Net global greenhouse gas (GHG) emissions must be reduced to near zero over the next three decades to give us even a chance to keep temperatures within 2 degrees Celsius of pre-industrial levels. The further we exceed this threshold, the more likely we are to face truly catastrophic scenarios. As the United States has once again joined the Paris Climate Agreement, it is time for the world to tackle these landmark issues again.
Thus, Bill Gates’ voice is a welcome addition to this effort. In his new book Avoiding Climate Disaster: The Solutions We Have and the Breakthroughs We Need, Gates argues that we need to experiment more with new ideas and technological innovation if we are to break this deadlock. But its pursuit of solar geoengineering is a step in the wrong direction because it could undermine the incentives needed to tackle climate change.
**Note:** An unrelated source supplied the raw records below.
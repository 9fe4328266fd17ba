-- ===== src/Find/Run.antt =====
-- `RunFind` of src/find.cc: the walk over a tree of entries.
use kati.Prelude.{
  ℕ, zero, suc, ◌+◌, ◌-◌, Bool, true, false, not, ◌&&◌, Option, none, some, List, [], ◌∷◌, ◌++◌,
  Bytes, length, drop, get_elem?, leb, ltb, ◌==◌, if◌then◌else◌, text_eq,
}
use kati.Piece.{get}
use kati.Strutil.Path.{slash}
use kati.Find.{
  EntryType, FindCommand, FindCond, Found, Node, Walk, base, count, countable, dir, dir_node,
  enoent, file_node, found, is_findleaves, is_true, lnk, out_of_fuel, symlink_node, unsupported,
}

unfoldable pub path_of : Bytes → Bytes → Bytes
path_of path name =
    if get path (length path - 1) == slash then path ++ name else path ++ (slash ∷ name)

-- The path under which a directory is being read, in `cur_read_dirs`.
unfoldable pub find_reading : ℕ → List (ℕ × Bytes) → Option Bytes
find_reading n [] = none
find_reading n ((m, path) ∷ dirs) = if m == n then some path else find_reading n dirs

-- `erase` of a set of paths.
unfoldable pub without : Bytes → List Bytes → List Bytes
without path [] = []
without path (p ∷ paths) = if text_eq p path then without path paths else p ∷ without path paths

module _ (fnmatch : Bytes → Bytes → Bool) where
  -- A condition that may be missing: what a missing one counts as is the first argument.
  abbrev pub holds : Bool → Option FindCond → Bytes → EntryType → Bool
  holds otherwise none path type = otherwise
  holds otherwise (some c) path type = is_true fnmatch c path type

  -- `PrintIfNecessary`.
  unfoldable pub print_if_necessary : FindCommand → Bytes → EntryType → ℕ → Walk → Walk
  unfolding is_true
  print_if_necessary fc path type d w =
      if not (holds true fc.print_cond path type)
      then w
      else if ltb d fc.mindepth
      then w
      else record w { out = w.out ++ path ∷ [] }

-- A loop over the children that are to be visited now.
unfoldable pub run_children :
    (ℕ → Bytes → Walk → Found) → (ℕ → Bool) → (ℕ → Bytes) → Bytes → List (Bytes × ℕ) → Walk → Found
unfolding path_of
run_children run accept base_of path [] w = found w
run_children run accept base_of path ((name, c) ∷ children) w = elim (accept c) [
  | false ↦ run_children run accept base_of path children w
  | true ↦ elim (run c (path_of path (base_of c)) w) [
    | found w' ↦ run_children run accept base_of path children w'
    | unsupported ↦ unsupported
    | out_of_fuel ↦ out_of_fuel
  ]
]

module _ (nodes : List Node) where
  -- `IsDirectory`; a link costs a unit of fuel, and where it runs out, in a chain of links that is
  -- longer or has no end, the answer is no.
  unfoldable pub is_directory : ℕ → ℕ → Bool
  is_directory zero n = false
  is_directory (suc f) n = elim (get_elem? nodes n) [
    | none ↦ false
    | some (dir_node name parent children) ↦ true
    | some (file_node name type) ↦ false
    | some (symlink_node name errno to) ↦ elim to [
      | none ↦ false
      | some m ↦ errno == 0 && is_directory f m
    ]
  ]

  abbrev pub base_of : ℕ → Bytes
  base_of n = elim (get_elem? nodes n) [ none ↦ [] | some node ↦ base node ]

-- The end of a directory of `FINDLEAVES` in which something was found: if all that the command can
-- find there was found, the directory need not be read again, but the files have to be there.
unfoldable pub leaf_found : FindCommand → Bytes → ℕ → Walk → Walk
unfolding countable count without
leaf_found fc path orig_out_size w = elim fc.print_cond [
  | none ↦ w
  | some c ↦
      if countable c && count c == length w.out - orig_out_size
      then record w {
        read_dirs = without path w.read_dirs;
        found_files = w.found_files ++ drop orig_out_size w.out;
      }
      else w
]

module _ (fnmatch : Bytes → Bytes → Bool) (nodes : List Node) where
  -- The children of a directory: the files before the directories for `FINDLEAVES`.
  unfoldable pub run_dir :
      ℕ → (ℕ → Bytes → Walk → Found) → FindCommand → Bytes → List (Bytes × ℕ) → Walk → Found
  unfolding run_children leaf_found
  run_dir f run fc path children w =
      let dirs = is_directory nodes f in
      if not (is_findleaves fc.type)
      then run_children run (λ c. true) (base_of nodes) path children w
      else (elim (run_children run (λ c. not (dirs c)) (base_of nodes) path children w) [
        | unsupported ↦ unsupported
        | out_of_fuel ↦ out_of_fuel
        | found w' ↦ elim (length w'.out == length w.out) [
          | false ↦ found (leaf_found fc path (length w.out) w')
          | true ↦ run_children run dirs (base_of nodes) path children w'
        ]
      ])

  -- `RunFind` of a symbolic link; `run` is the walk of what it leads to.
  unfoldable pub run_symlink :
      (ℕ → Bytes → Walk → Found) → FindCommand → ℕ → Bytes → ℕ → Option ℕ → Walk → Found
  unfolding print_if_necessary
  run_symlink run fc d path errno to w = elim (fc.follows_symlinks && not (errno == enoent)) [
    | false ↦ found (print_if_necessary fnmatch fc path lnk d w)
    | true ↦ elim (errno == 0) [
      | false ↦ found w
      | true ↦ elim to [ none ↦ unsupported | some m ↦ run m path w ]
    ]
  ]

  -- `RunFind` of a directory that is not being read already; `run` is the walk of a child.
  unfoldable pub run_directory :
      ℕ → (ℕ → Bytes → Walk → Found) → FindCommand → ℕ → Bytes → List (Bytes × ℕ) → Walk → Found
  unfolding print_if_necessary run_dir is_true
  run_directory f run fc d path children w =
      let w' = record w { read_dirs = path ∷ without path w.read_dirs } in
      let printed = print_if_necessary fnmatch fc path dir d w' in
      elim (holds fnmatch false fc.prune_cond path dir) [
        | true ↦ elim (is_findleaves fc.type) [
          | true ↦ found w'
          | false ↦ found (record w' { out = w'.out ++ path ∷ [] })
        ]
        | false ↦ elim (leb fc.depth d) [
          | true ↦ found printed
          | false ↦ run_dir f run fc path children printed
        ]
      ]

  -- Whether a directory can be read: it is not being read, or under the empty path.
  abbrev pub is_fresh : Option Bytes → Bool
  is_fresh none = true
  is_fresh (some path) = length path == 0

  abbrev pub reading : ℕ → Bytes → Option Bytes → List (ℕ × Bytes) → List (ℕ × Bytes)
  reading n path none dirs = (n, path) ∷ dirs
  reading n path (some p) dirs = dirs

  -- `RunFind`; `run` is the walk of another entry, at a depth and with the directories that are being
  -- read.
  unfoldable pub run_node :
      ℕ
      → (ℕ → List (ℕ × Bytes) → ℕ → Bytes → Walk → Found)
      → FindCommand
      → ℕ
      → List (ℕ × Bytes)
      → ℕ
      → Bytes
      → Option Node
      → Walk
      → Found
  unfolding run_symlink run_directory find_reading
  run_node f run fc d dirs n path none w = unsupported
  run_node f run fc d dirs n path (some (file_node name type)) w =
      found (print_if_necessary fnmatch fc path type d w)
  run_node f run fc d dirs n path (some (symlink_node name errno to)) w =
      run_symlink (run d dirs) fc d path errno to w
  run_node f run fc d dirs n path (some (dir_node name parent children)) w =
      let conflict = find_reading n dirs in
      elim (is_fresh conflict) [
        | false ↦ found w
        | true ↦ run_directory f (run (d + 1) (reading n path conflict dirs)) fc d path children w
      ]

  unfoldable pub run_find : ℕ → FindCommand → ℕ → List (ℕ × Bytes) → ℕ → Bytes → Walk → Found
  unfolding run_node
  run_find zero fc d cur_read_dirs n path w = out_of_fuel
  run_find (suc f) fc d cur_read_dirs n path w =
      run_node f (run_find f fc) fc d cur_read_dirs n path (get_elem? nodes n) w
The idea behind solar geoengineering is simple: if we can’t limit the amount of greenhouse gases in the atmosphere, perhaps we can block sunlight that generates heat, for example by creating a reflective coating. Volcanic eruptions do this naturally. After the eruption of Mount Pinatubo in the Philippines in 1991, large amounts of sulfuric acid and dust settled in the stratosphere, temporarily reducing the amount of sunlight the Earth received. Over the next three years, temperatures dropped by about 0.5 ° Celsius globally and 0.6 ° Celsius in the northern hemisphere.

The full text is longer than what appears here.